Once we’ve established it’s unsafe in general to convert uintptr or pointers to zero-size types to unsafe.Pointer, it makes sense for “go vet” to warn against these practices.
It should be easy for the Go compiler to insert optional runtime instrumentation to verify that code follows the pointer arithmetic rule. E.g., given a call to unsafe.Add(p, v), the compiler could insert a call to runtime.checkptradd(p, v) that looks up whether p+v points to a GC’d object; and if so, makes sure that p points to the same GC object. If not, it panics or prints a warning.
Beyond unsafe.Add a few other possible operations stand out as possibly useful:
// Sub returns the offset p-q.
func Sub(p, q Pointer) uintptr
// Less returns p<q.
func Less(p, q Pointer) uintptr
// IsSameVariable returns whether p and q point into the same variable.
func IsSameVariable(p, q Pointer) bool
// Slice returns a []byte for the n bytes of memory starting at p.

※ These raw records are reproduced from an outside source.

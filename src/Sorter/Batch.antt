-- ===== src/Sorter/Batch.antt =====
-- process_batch as a whole: what goes in is kept, comes out in sorted batches, and what stays
-- fits in the window.
use mathlib.Core.List.{List, [], ◌∷◌, Perm, append-nil, append_assoc}
use mathlib.Core.List.Perm
use demiplane.Prelude.{
  ℕ, ◌≡◌, ◌≤◌, refl, sym, ap, ◌∙◌, Bool, true, false, ◌&&◌, length, arith, Bool-cases, inl, inr,
  if◌then◌else◌,
}
use demiplane.Sorter.{
  SlidingWindowSorter, is_empty, emit, maintain_window_size, calculate_output_count, gather,
  process_batch,
}
use demiplane.Sorter.Order.{Routines, IsStandard, IsOrdering, IsSorted}
use demiplane.Sorter.Gather.{IsGathered, gather-IsGathered}
use demiplane.Sorter.Output.{
  delivered, held, stream, Adds, IsCounted, emit-IsEmitted, emit-IsSorted, length-emit,
  maintain_window_size_idle, calculate_output_count_enough,
}

module _ {ℓ} {A : Type ℓ} where
  -- The window is in order wherever the configuration asks for it.
  abbrev pub HasOrder : SlidingWindowSorter A → Type ℓ
  HasOrder s = s.config.enable_sorting ≡ true → IsSorted s.config.comparator s.sorted_window

  -- What process_batch owes, `s` before and `u` after it.
  pub record IsProcessed (s u : SlidingWindowSorter A) : Type ℓ where
    pub config : u.config ≡ s.config
    pub kept : Perm (held u) (held s)
    pub pending : u.new_entries ≡ []
    pub counted : IsCounted s → IsCounted u
    pub ordered : HasOrder u
    pub batches : s.config.enable_sorting ≡ true → Adds (IsSorted s.config.comparator) s u

  -- How many entries process_batch hands over.
  unfoldable pub quota : Bool → SlidingWindowSorter A → ℕ
  quota force_all t = if force_all then length t.sorted_window else calculate_output_count t

  quota_fits :
      (force_all : Bool) (t : SlidingWindowSorter A)
      → length (emit (quota force_all t) t).sorted_window ≤ t.config.window_size
  unfolding quota
  quota_fits true t = omega (arith, length-emit (length t.sorted_window) t)
  quota_fits false t =
      omega (arith, length-emit (calculate_output_count t) t, calculate_output_count_enough t)

  -- maintain_window_size never finds an entry to erase.
  maintain_window_size-emit :
      (force_all : Bool) (t : SlidingWindowSorter A)
      → maintain_window_size (emit (quota force_all t) t) ≡ emit (quota force_all t) t
  maintain_window_size-emit force_all t =
      maintain_window_size_idle (emit (quota force_all t) t)
        (rw (emit-IsEmitted (quota force_all t) t).config (quota_fits force_all t))

  length-eq-zero : (l : List A) → length l ≡ 0 → l ≡ []
  length-eq-zero [] h = refl
  length-eq-zero (x ∷ xs) h = absurd (omega arith)

  HasOrder-IsGathered :
      {s t : SlidingWindowSorter A}
      → IsGathered s t
      → (s.config.enable_sorting ≡ true → IsSorted s.config.comparator t.sorted_window)
      → HasOrder t
  HasOrder-IsGathered g k = rw g.config k

  held-stream : (s : SlidingWindowSorter A) → s.new_entries ≡ [] → held s ≡ stream s
  held-stream s e = rw e (append-nil (stream s))

  stream-IsGathered : {s t : SlidingWindowSorter A} → IsGathered s t → Perm (stream t) (held s)
  stream-IsGathered {s} g = rw g.consumed (
      rw (← append_assoc (delivered s.consumed) s.sorted_window s.new_entries) at
        (Perm.append_left (delivered s.consumed) g.kept))

  -- A batch out of a window that was just gathered.
  emit-IsProcessed :
      {s t : SlidingWindowSorter A} (n : ℕ) → IsGathered s t → HasOrder t → IsProcessed s (emit n t)
  emit-IsProcessed {s} {t} n g h =
      let m = emit-IsEmitted n t in
      record {
        config = m.config ∙ g.config;
        kept =
            rw (held-stream (emit n t) (m.pending ∙ g.emptied)) (rw m.same (stream-IsGathered g));
        pending = m.pending ∙ g.emptied;
        counted = λ c. m.counted (rw g.total (rw g.consumed c));
        ordered =
            rw m.config λ (e : t.config.enable_sorting ≡ true).
              (emit-IsSorted t.config.comparator n t (h e)).0;
        batches = rw (← g.config) (
            rw (← g.consumed) λ (e : t.config.enable_sorting ≡ true).
              (emit-IsSorted t.config.comparator n t (h e)).1);
      }

  empty_both : {l r : List A} → (is_empty l && is_empty r) ≡ true → (l ≡ []) × (r ≡ [])
  empty_both {l = []} {r = []} e = (refl, refl)
  empty_both {l = []} {r = x ∷ r} e = cc
  empty_both {l = x ∷ l} e = cc

  -- Without a pending entry and a window there is nothing to do.
  idle-IsProcessed : (s : SlidingWindowSorter A) → s.new_entries ≡ [] → HasOrder s → IsProcessed s s
  idle-IsProcessed s e h = record {
    config = refl;
    kept = Perm.rfl;
    pending = e;
    counted = λ c. c;
    ordered = h;
    batches = λ _. ([], sym (append-nil s.consumed), tt);
  }

module _ {ℓ} {A : Type ℓ} (std : Routines A) (h : IsStandard std) (capacity : ℕ)
    (s : SlidingWindowSorter A) (o : IsOrdering s.config.comparator) (w : HasOrder s) where
  pub process_batch_idle :
      (force_all : Bool)
      → (is_empty s.new_entries && is_empty s.sorted_window) ≡ true
      → process_batch std capacity force_all s ≡ s
  unfolding process_batch
  process_batch_idle force_all e = rw e

  pub process_batch-emit :
      (force_all : Bool)
      → (is_empty s.new_entries && is_empty s.sorted_window) ≡ false
      → process_batch std capacity force_all s
        ≡ emit (quota force_all (gather std capacity s)) (gather std capacity s)
  unfolding process_batch quota
  process_batch-emit force_all e =
      rw e (unfold quota in maintain_window_size-emit force_all (gather std capacity s))

  -- process_batch keeps every entry, leaves none pending and the window in order, hands over
  -- only sorted batches if sorting is enabled, and counts what it hands over.
  pub process_batch-IsProcessed :
      (force_all : Bool) → IsProcessed s (process_batch std capacity force_all s)
  process_batch-IsProcessed force_all =
      elim (Bool-cases (is_empty s.new_entries && is_empty s.sorted_window)) [
        | inl e ↦
            let (new, window) = empty_both e in
            rw (process_batch_idle force_all e) (idle-IsProcessed s new w)
        | inr e ↦
            let t = gather std capacity s in
            let (sorted, g) = gather-IsGathered std h s o capacity w in
            rw (process_batch-emit force_all e)
              (emit-IsProcessed (quota force_all t) g (HasOrder-IsGathered g sorted))
      ]

  -- What stays after process_batch fits in the window.
  pub process_batch-window :
      (force_all : Bool)
      → length s.sorted_window ≤ s.config.window_size
      → length (process_batch std capacity force_all s).sorted_window ≤ s.config.window_size
  process_batch-window force_all fits =
      elim (Bool-cases (is_empty s.new_entries && is_empty s.sorted_window)) [
        | inl e ↦ rw (process_batch_idle force_all e) fits
        | inr e ↦
            let (_, g) = gather-IsGathered std h s o capacity w in
            rw (process_batch-emit force_all e) (
              omega (
                arith,
                quota_fits force_all (gather std capacity s),
                ap (λ c. c.window_size) g.config,
              ))
      ]

  -- With force_all nothing stays in the window.
  pub process_batch_drains : (process_batch std capacity true s).sorted_window ≡ []
  unfolding quota
  process_batch_drains = elim (Bool-cases (is_empty s.new_entries && is_empty s.sorted_window)) [
    | inl e ↦ rw (process_batch_idle true e) (empty_both e).1
    | inr e ↦
        let t = gather std capacity s in
        rw (process_batch-emit true e)
          (length-eq-zero _ (omega (arith, length-emit (length t.sorted_window) t)))
  ]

func Slice(p Pointer, n uintptr) []byte
Sub could be useful because uintptr(p) - uintptr(q) might give a bogus value if a GC happens in between the evaluations of uintptr(p) and uintptr(q). Less and IsSameVariable could be similarly useful in some situations.
Slice might be useful for cases like package reflect’s memmove function, which could then be implemented simply as:
func memmove(dst, src unsafe.Pointer, n uintptr) {
copy(unsafe.Slice(dst, n), unsafe.Slice(src, n))
}
Moreover, an ability to create a slice for an arbitrary type (i.e., not just byte) could be useful.
However, none of these functions seem as immediately needed as unsafe.Add.